#### The task
From the records below, transcribe exactly the lines that begin at the line with "dispatch-Present (ok x)" and end at the line with "dispatch-Present (service_answer s)", both included.

Stored data entries:
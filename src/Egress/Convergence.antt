-- ===== src/Egress/Convergence.antt =====
-- On internal/controller/egress_proxy_controller.go.
-- Where a reconciliation of egress leads, if it ends with no error.
use netmaker_k8s_ops.Base.{
  String, ◌==◌, ◌≡◌, refl, sym, ap, subst, true, false, ◌&&◌, Option, none, some, Env, arith,
  eq_iff, ◌≢◌, ◌∙◌, inl, inr, Bool-cases,
}
use netmaker_k8s_ops.Kube.{Key, Service, Pod}
use netmaker_k8s_ops.Kube.Client.{
  GoError, Result, ok, err, is_not_found, Client, call, returned, run, get_service, get_pod,
  create_pod, delete_pod, no_requeue,
}
use netmaker_k8s_ops.Kube.Calls.{Answers, IsFaithful, Anything}
use netmaker_k8s_ops.Kube.Runs.{wrap_error-none, run-bind_inv, run-Always}
use netmaker_k8s_ops.Kube.Cluster.{Pods, KeepsPods, pods-run, key_of_pod}
use netmaker_k8s_ops.Egress.Build.{build_proxy_pod}
use netmaker_k8s_ops.Egress.{
  pod_name, pod_key, key_of, on_existing, ensure_proxy_pod, create_proxy_pod, delete_found,
  cleanup_proxy_pod, forward, or_endpoints, dispatch, reconcile, is_egress_enabled,
  get_egress_target,
}
use netmaker_k8s_ops.Egress.Keeps.{build-Keeps, or_endpoints-Keeps}

pub has_target :
    (target : String × String) → target ≢ ("", "") → (target.0 == "" && target.1 == "") ≡ false
has_target (ip, dns) h = ground (arith, eq_iff ip "", eq_iff dns "")

module _ (env : Env) (C : Client) (faithful : IsFaithful C) (P : Pods C) (service : Service) where
  abbrev Present : C.State → Type 0
  Present s = P.pods s (pod_key (key_of service)) ≢ none

  created-Present :
      (pod : Pod) (s : C.State)
      → key_of_pod pod ≡ pod_key (key_of service)
      → (run C (call (create_pod pod)) s).0 ≡ returned none
      → Present (run C (call (create_pod pod)) s).1
  created-Present pod s named e =
      subst (λ k. P.pods (C.serve (create_pod pod) s).1 k ≢ none) named
        (P.created pod s (ground arith))

  create-Present :
      (ip dns : String) (s : C.State)
      → (run C (create_proxy_pod env service ip dns) s).0 ≡ returned none
      → Present (run C (create_proxy_pod env service ip dns) s).1
  unfolding create_proxy_pod
  create-Present ip dns s e =
      let build = build_proxy_pod env service (pod_name service.name) ip dns in
      let (pod, built, same) = run-bind_inv C build _ s e in
      let named =
        run-Always C KeepsPods _ build s pod faithful (build-Keeps env service _ ip dns) built in
      rw same (created-Present pod (run C build s).1 named (wrap_error-none _ _ (rw same at e)))

  existing-Present :
      (ip dns : String) (found : Result Pod) (s : C.State)
      → ((pod : Pod) → found ≡ ok pod → Present s)
      → let m = on_existing env (ensure_proxy_pod env 0) service ip dns found in
        (run C m s).0 ≡ returned none → Present (run C m s).1
  unfolding on_existing
  existing-Present ip dns (ok pod) s there e = there pod refl
  existing-Present ip dns (err m) s there e = elim (Bool-cases (is_not_found m)) [
    | inl absent ↦ rw absent (create-Present ip dns s (rw absent at e))
    | inr failed ↦ cc (failed, e)
  ]

  ensure-Present :
      (ip dns : String) (s : C.State)
      → P.terminating s (pod_key (key_of service)) ≡ false
      → (run C (ensure_proxy_pod env 1 service ip dns) s).0 ≡ returned none
      → Present (run C (ensure_proxy_pod env 1 service ip dns) s).1
  unfolding ensure_proxy_pod
  ensure-Present ip dns s unmarked e =
      let k = pod_key (key_of service) in
      existing-Present ip dns (C.serve (get_pod k) s).0 (C.serve (get_pod k) s).1
        (λ pod answer gone. cc (P.found k s pod unmarked answer, P.frame (get_pod k) s k tt, gone))
        e

  or_endpoints-Present :
      (failed : Option GoError) (s : C.State)
      → (failed ≡ none → Present s)
      → (run C (or_endpoints service failed) s).0 ≡ returned (no_requeue, none)
      → Present (run C (or_endpoints service failed) s).1
  or_endpoints-Present none s there e =
      rw
        (pods-run C P Anything (or_endpoints service none) s _ faithful
          (or_endpoints-Keeps service none))
        (there refl)
  or_endpoints-Present (some x) s there e = absurd (unfold or_endpoints in cc)

  forward-Present :
      (ip dns : String) (s : C.State)
      → P.terminating s (pod_key (key_of service)) ≡ false
      → (run C (forward env service ip dns) s).0 ≡ returned (no_requeue, none)
      → Present (run C (forward env service ip dns) s).1
  unfolding forward
  forward-Present ip dns s unmarked e =
      let ensure = ensure_proxy_pod env 1 service ip dns in
      let (failed, ensured, same) = run-bind_inv C ensure (or_endpoints service) s e in
      rw same (
        or_endpoints-Present failed (run C ensure s).1
          (λ done. ensure-Present ip dns s unmarked (ensured ∙ ap (λ o. returned o) done))
          (rw same at e))

module _ (env : Env) (C : Client) (faithful : IsFaithful C) (P : Pods C) (k : Key) where
  abbrev service_answer : C.State → Result Service
  service_answer s = (C.serve (get_service k) s).0

  abbrev Done : C.State → Type 0
  Done s = (run C (reconcile env k) s).0 ≡ returned (no_requeue, none)

  abbrev after : C.State → C.State
  after s = (run C (reconcile env k) s).1

  delete-Absent :
      (found : Result Pod) (s : C.State)
      → Answers (get_pod (pod_key k)) found
      → ((e : GoError) → found ≡ err e → is_not_found e ≡ true → P.pods s (pod_key k) ≡ none)
      → (run C (delete_found found) s).0 ≡ returned (no_requeue, none)
      → P.pods (run C (delete_found found) s).1 (pod_key k) ≡ none
  unfolding delete_found
  delete-Absent (ok pod) s (n, ns) there e =
      let named : key_of_pod pod ≡ pod_key k = ground arith in
      subst (λ j. P.pods (C.serve (delete_pod pod) s).1 j ≡ none) named
        (P.deleted pod s (ground arith))
  delete-Absent (err m) s _ there e = elim (Bool-cases (is_not_found m)) [
    | inl absent ↦ rw absent (there m refl absent)
    | inr failed ↦ cc (failed, e)
  ]

  cleanup-Absent :
      (s : C.State)
      → (run C (cleanup_proxy_pod k) s).0 ≡ returned (no_requeue, none)
      → P.pods (run C (cleanup_proxy_pod k) s).1 (pod_key k) ≡ none
  unfolding cleanup_proxy_pod
  cleanup-Absent s e =
      let j = pod_key k in
      delete-Absent (C.serve (get_pod j) s).0 (C.serve (get_pod j) s).1 (faithful (get_pod j) s)
        (λ m answer absent. P.frame (get_pod j) s j tt ∙ P.missing j s m answer absent) e

  dispatch-Absent :
      (found : Result Service) (s : C.State)
      → ((service : Service) → found ≡ ok service → is_egress_enabled service ≡ false)
      → (run C (dispatch env k found) s).0 ≡ returned (no_requeue, none)
      → P.pods (run C (dispatch env k found) s).1 (pod_key k) ≡ none
  unfolding dispatch
  dispatch-Absent (ok service) s off e =
      rw (off service refl) (cleanup-Absent s (rw (off service refl) at e))
  dispatch-Absent (err m) s off e = elim (Bool-cases (is_not_found m)) [
    | inl absent ↦ rw absent (cleanup-Absent s (rw absent at e))
    | inr failed ↦ cc (failed, e)
  ]

  dispatch-Present :
      (found : Result Service) (s : C.State) {service : Service}
      → Answers (get_service k) found
      → found ≡ ok service
      → is_egress_enabled service ≡ true
      → get_egress_target service ≢ ("", "")
      → P.terminating s (pod_key k) ≡ false
      → (run C (dispatch env k found) s).0 ≡ returned (no_requeue, none)
      → P.pods (run C (dispatch env k found) s).1 (pod_key k) ≢ none
  unfolding dispatch
  dispatch-Present (err m) s _ answer on target unmarked e = cc
  dispatch-Present (ok x) s {service} (n, ns) answer on target unmarked e =
      let same : service ≡ x = cc in
      let on_x = subst (λ y. is_egress_enabled y ≡ true) same on in
      let target_x = has_target _ (subst (λ y. get_egress_target y ≢ ("", "")) same target) in
      let (ip, dns) = get_egress_target x in
      let named : key_of x ≡ k = ground arith in
      let unmarked_x = subst (λ j. P.terminating s (pod_key j) ≡ false) (sym named) unmarked in
      subst (λ j. P.pods (run C (dispatch env k (ok x)) s).1 (pod_key j) ≢ none) named
        (rw (on_x, target_x)
          (forward-Present env C faithful P x ip dns s unmarked_x (rw (on_x, target_x) at e)))

  -- On a server as `IsFaithful` and `Pods` describe it: if the service is gone, or its annotation does not enable egress, a reconciliation that
  -- ends with no error leaves no proxy pod for it.
  pub reconcile-Absent :
      (s : C.State)
      → ((service : Service) → service_answer s ≡ ok service → is_egress_enabled service ≡ false)
      → Done s
      → P.pods (after s) (pod_key k) ≡ none
  unfolding reconcile
  reconcile-Absent s off e = dispatch-Absent (service_answer s) (C.serve (get_service k) s).1 off e

  -- On a server as `IsFaithful` and `Pods` describe it: if the service is there with egress enabled and a target, a reconciliation that ends with no
  -- error leaves a proxy pod for it, unless one was terminating.
  pub reconcile-Present :
      (s : C.State) {service : Service}
      → service_answer s ≡ ok service
      → is_egress_enabled service ≡ true
      → get_egress_target service ≢ ("", "")
      → P.terminating s (pod_key k) ≡ false
      → Done s
      → P.pods (after s) (pod_key k) ≢ none
  unfolding reconcile
  reconcile-Present s answer on target unmarked e =
      dispatch-Present (service_answer s) (C.serve (get_service k) s).1 (faithful (get_service k) s)
        answer on target (P.unmarked (get_service k) s (pod_key k) tt unmarked) e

#### Problem solution
  dispatch-Present (ok x) s {service} (n, ns) answer on target unmarked e =
      let same : service ≡ x = cc in
      let on_x = subst (λ y. is_egress_enabled y ≡ true) same on in
      let target_x = has_target _ (subst (λ y. get_egress_target y ≢ ("", "")) same target) in
      let (ip, dns) = get_egress_target x in
      let named : key_of x ≡ k = ground arith in
      let unmarked_x = subst (λ j. P.terminating s (pod_key j) ≡ false) (sym named) unmarked in
      subst (λ j. P.pods (run C (dispatch env k (ok x)) s).1 (pod_key j) ≢ none) named
        (rw (on_x, target_x)
          (forward-Present env C faithful P x ip dns s unmarked_x (rw (on_x, target_x) at e)))

  -- On a server as `IsFaithful` and `Pods` describe it: if the service is gone, or its annotation does not enable egress, a reconciliation that
  -- ends with no error leaves no proxy pod for it.
  pub reconcile-Absent :
      (s : C.State)
      → ((service : Service) → service_answer s ≡ ok service → is_egress_enabled service ≡ false)
      → Done s
      → P.pods (after s) (pod_key k) ≡ none
  unfolding reconcile
  reconcile-Absent s off e = dispatch-Absent (service_answer s) (C.serve (get_service k) s).1 off e

  -- On a server as `IsFaithful` and `Pods` describe it: if the service is there with egress enabled and a target, a reconciliation that ends with no
  -- error leaves a proxy pod for it, unless one was terminating.
  pub reconcile-Present :
      (s : C.State) {service : Service}
      → service_answer s ≡ ok service
      → is_egress_enabled service ≡ true
      → get_egress_target service ≢ ("", "")
      → P.terminating s (pod_key k) ≡ false
      → Done s
      → P.pods (after s) (pod_key k) ≢ none
  unfolding reconcile
  reconcile-Present s answer on target unmarked e =
      dispatch-Present (service_answer s) (C.serve (get_service k) s).1 (faithful (get_service k) s)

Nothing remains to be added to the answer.